Despite many recent advances in treatment, multiple myeloma (MM) remains as an incurable disease without an allogeneic hematopoietic cell transplantation. The emergence of drug resistance and incomplete responses have been the major obstacles for improving the treatment results [1, 2]. The new treatment strategies have been based largely upon targeting specific molecules or pathways, such as proteosome inhibitors and thalidomide analogs. Aberrant methylation of gene promoter regions is a widely studied epigenetic process in malignant disorders. Cell cycle inhibitors of p15 and p16 are the tumor suppressor genes frequently affected by this epigenetic change [3, 4]. The aberrant methylation of gene promoter regions is associated with loss of gene function. In addition to gene deletions and mutations, quantitative changes in gene methylation status play a significant role in tumorigenesis [5]. Hypermethylation of p15 and p16 promoter CpG islands has been reported in MM clinical specimens and myeloma cell lines [4, 6, 7]. The methylation status of p15 and p16 genes were not significantly different between MM and MGUS (monoclonal gammopathy of unknown significance) nor in pre-treated and post-treated patients with MM [6–8]. It was further demonstrated in MM patients that p16 hypermethylation is associated with high plasma cell proliferation, higher β2-microglobulin concentration, and shorter survival, whereas no such clear correlation was found with p15 CpG island hypermethylation [4, 7, 9].

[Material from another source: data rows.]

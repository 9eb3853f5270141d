-- ===== src/Api/Items.antt =====
-- What the results of a batch say of its requests: `createBatch` of
-- api/internal/transport/http/notification.go.
use insider_notification.Base.{
  ℕ, suc, ◌+◌, ◌≤◌, ◌<◌, String, none, some, List, [], ◌∷◌, ◌++◌, All, length, count, get_elem?,
  ◌≡◌, ◌⊎◌, refl, ap, ◌∙◌, inl, inr, arith, eqb, if◌then◌else◌, Bool-cases,
}
use insider_notification.Errors.{Error, message}
use insider_notification.Effect.{Result, ok, err}
use insider_notification.Platform.{Platform}
use insider_notification.Domain.{Notification}
use insider_notification.Requests.{CreateRequest, to_notification}
use insider_notification.Batch.{BatchResult}
use insider_notification.Batch.Results.{Fits}
use insider_notification.Api.Responses.{BatchItemResult, details_none}
use insider_notification.Api.{
  sort_item, converted, validate_items, report_items, some_text, internal_error,
}

-- The request is the one numbered `j`, where the first one has the number `i`.
abbrev pub At : (i : ℕ) → List CreateRequest → (j : ℕ) → CreateRequest → Type 0
At i rs j q = (k : ℕ) × (j ≡ i + k) × (get_elem? rs k ≡ some q)

-- The request at the index of the result is not valid, and the result says so.
abbrev pub Refuses : Platform → (i : ℕ) → List CreateRequest → BatchItemResult → Type 0
Refuses p i rs r =
    (q : CreateRequest) × (e : Error) × At i rs r.index q
    × (converted (to_notification p q) ≡ err e)
    × (r.status ≡ "rejected")
    × (r.id ≡ none)
    × (r.error
        ≡ some
            (record { code = "VALIDATION_ERROR"; message = message p e; details = details_none }))

-- It is valid, and the result gives its id, or the failure of the service.
abbrev pub Tells : BatchItemResult → Type 0
Tells r =
    ((r.status ≡ "accepted") × ((id : String) × (r.id ≡ some id)) × (r.error ≡ none))
    ⊎ ((r.status ≡ "rejected")
        × (r.id ≡ none)
        × ((text : String) × (r.error
              ≡ some (record { code = "INTERNAL_ERROR"; message = text; details = details_none }))))

abbrev pub IsValidAt : Platform → (i : ℕ) → List CreateRequest → ℕ × Notification → Type 0
IsValidAt p i rs (j, n) =
    (q : CreateRequest) × At i rs j q × (converted (to_notification p q) ≡ ok n)

abbrev pub Serves : Platform → (i : ℕ) → List CreateRequest → BatchItemResult → Type 0
Serves p i rs r =
    ((q : CreateRequest) × (n : Notification) × At i rs r.index q
      × (converted (to_notification p q) ≡ ok n))
    × Tells r

abbrev pub Answers : Platform → List CreateRequest → BatchItemResult → Type 0
Answers p rs r = Refuses p 0 rs r ⊎ Serves p 0 rs r

pub All-weaken :
    {A : Type 0} (P Q : A → Type 0) (xs : List A) → ((a : A) → P a → Q a) → All P xs → All Q xs
All-weaken P Q [] f h = tt
All-weaken P Q (x ∷ xs) f (h, hs) = (f x h, All-weaken P Q xs f hs)

pub All-append :
    {A : Type 0} (P : A → Type 0) (xs ys : List A) → All P xs → All P ys → All P (xs ++ ys)
All-append P [] ys h k = k
All-append P (x ∷ xs) ys (h, hs) k = (h, All-append P xs ys hs k)

later :
    (i : ℕ) (r : CreateRequest) (rs : List CreateRequest) (j : ℕ) (q : CreateRequest)
    → At (suc i) rs j q
    → At i (r ∷ rs) j q
later i r rs j q (k, number, there) = (suc k, omega arith, there)

abbrev pub Split :
    Platform
    → (i : ℕ) → List CreateRequest
    → List (ℕ × Notification) × List BatchItemResult
    → Type 0
Split p i rs x = All (IsValidAt p i rs) x.0 × All (Refuses p i rs) x.1

sort_item-Split :
    (p : Platform) (i : ℕ) (r : CreateRequest) (rs : List CreateRequest) (c : Result Notification)
    (x : List (ℕ × Notification) × List BatchItemResult)
    → converted (to_notification p r) ≡ c
    → Split p (suc i) rs x
    → Split p i (r ∷ rs) (sort_item p i c x)
sort_item-Split p i r rs c (valid, rejected) h (good, bad) = go c h
  where
    first : At i (r ∷ rs) i r
    first = (0, omega arith, refl)

    valid_later : All (IsValidAt p i (r ∷ rs)) valid
    valid_later =
        All-weaken (IsValidAt p (suc i) rs) (IsValidAt p i (r ∷ rs)) valid
          (λ v (q, at, well). (q, later i r rs v.0 q at, well)) good

    rejected_later : All (Refuses p i (r ∷ rs)) rejected
    rejected_later =
        All-weaken (Refuses p (suc i) rs) (Refuses p i (r ∷ rs)) rejected
          (λ x (q, e, at, wrong, status, id, why).
            (q, e, later i r rs x.index q at, wrong, status, id, why))
          bad

    go :
        (c : Result Notification)
        → converted (to_notification p r) ≡ c
        → Split p i (r ∷ rs) (sort_item p i c (valid, rejected))
    go (ok n) well = (((r, first, well), valid_later), rejected_later)
    go (err e) wrong = (valid_later, ((r, e, first, wrong, refl, refl, refl), rejected_later))

pub validate_items-Split :
    (p : Platform) (i : ℕ) (rs : List CreateRequest) → Split p i rs (validate_items p i rs)
unfolding validate_items
validate_items-Split p i [] = (tt, tt)
validate_items-Split p i (r ∷ rs) =
    sort_item-Split p i r rs _ (validate_items p (suc i) rs) refl
      (validate_items-Split p (suc i) rs)

-- How often an index occurs.
abbrev pub valid_at : ℕ → List (ℕ × Notification) → ℕ
valid_at j = count (λ v. eqb v.0 j)

abbrev pub results_at : ℕ → List BatchItemResult → ℕ
results_at j = count (λ r. eqb r.index j)

sort_item-at :
    (p : Platform) (i j : ℕ) (c : Result Notification)
    (x : List (ℕ × Notification) × List BatchItemResult)
    → valid_at j (sort_item p i c x).0 + results_at j (sort_item p i c x).1
      ≡ (if eqb i j then 1 else 0) + (valid_at j x.0 + results_at j x.1)
sort_item-at p i j (ok n) (valid, rejected) = omega arith
sort_item-at p i j (err e) (valid, rejected) = omega arith

validate_items-below :
    (p : Platform) (i j : ℕ) (rs : List CreateRequest)
    → j < i
    → valid_at j (validate_items p i rs).0 + results_at j (validate_items p i rs).1 ≡ 0
unfolding validate_items
validate_items-below p i j [] h = refl
validate_items-below p i j (r ∷ rs) h =
    let rest = validate_items-below p (suc i) j rs (omega arith) in
    sort_item-at p i j (converted (to_notification p r)) (validate_items p (suc i) rs)
    ∙ ground arith

-- Each index of a request occurs once.
pub validate_items-at :
    (p : Platform) (i j : ℕ) (rs : List CreateRequest)
    → i ≤ j
    → j < i + length rs
    → valid_at j (validate_items p i rs).0 + results_at j (validate_items p i rs).1 ≡ 1
unfolding validate_items
validate_items-at p i j [] low high = absurd (omega arith)
validate_items-at p i j (r ∷ rs) low high =
    sort_item-at p i j (converted (to_notification p r)) (validate_items p (suc i) rs)
    ∙ elim (Bool-cases (eqb i j)) [
      | inl same ↦ (let below = validate_items-below p (suc i) j rs (ground arith) in ground arith)
      | inr other ↦
          (let above = validate_items-at p (suc i) j rs (ground arith) (omega arith) in
            ground arith)
    ]

pub report_items-at :
    (p : Platform) (j : ℕ) (valid : List (ℕ × Notification)) (results : List BatchResult)
    → length results ≡ length valid
    → results_at j (report_items p valid results) ≡ valid_at j valid
unfolding report_items
report_items-at p j [] [] h = refl
report_items-at p j [] (r ∷ results) h = absurd (omega arith)
report_items-at p j (v ∷ valid) [] h = absurd (omega arith)
report_items-at p j ((i, n) ∷ valid) (r ∷ results) h =
    let rest = report_items-at p j valid results (omega arith) in ground arith

Tells-of_Fits :
    (p : Platform) (i : ℕ) (r : BatchResult)
    → Fits r
    → Tells (record {
      index = i;
      status = r.status;
      id = some_text p r.id;
      error = internal_error r.error;
    })
Tells-of_Fits p i r (inl (status, (id, given), well)) =
    inl (status, (p.uuid_text id, ap (some_text p) given), ap internal_error well)
Tells-of_Fits p i r (inr (status, missing, (text, why))) =
    inr (status, ap (some_text p) missing, (text, ap internal_error why))

pub report_items-Serves :
    (p : Platform) (rs : List CreateRequest) (valid : List (ℕ × Notification))
    (results : List BatchResult)
    → length results ≡ length valid
    → All (IsValidAt p 0 rs) valid
    → All Fits results
    → All (Serves p 0 rs) (report_items p valid results)
unfolding report_items
report_items-Serves p rs [] [] h good fits = tt
report_items-Serves p rs [] (r ∷ results) h good fits = absurd (omega arith)
report_items-Serves p rs (v ∷ valid) [] h good fits = absurd (omega arith)
report_items-Serves p rs ((i, n) ∷ valid) (r ∷ results) h ((q, at, well), good) (fit, fits) = (
  ((q, n, at, well), Tells-of_Fits p i r fit),
  report_items-Serves p rs valid results (omega arith) good fits,
)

The proliferation and survival of myeloma cells are also potentiated by IL-6 and IL-6 receptor signal transduction through autocrine and paracrine stimulation [10, 11]. Exogenous IL-6 was able to block the apoptosis induced by the chemotherapeutic agent dexamethasone [10, 12]. Increased angiogenesis and microvascular density in the bone marrow microenvironment correlate with poor prognosis and drug resistance of myeloma cells [13–15]. Cytokines that augment angiogenesis are known to be present at elevated levels in the bone marrow. The vascular endothelial growth factor (VEGF) is one of those elevated cytokines associated with angiogenesis. Thalidomide and its derivative, lenalidomide (CC-5013, Revlimid; Celgene), are inhibitors of angiogenesis and are widely used for MM therapy [1].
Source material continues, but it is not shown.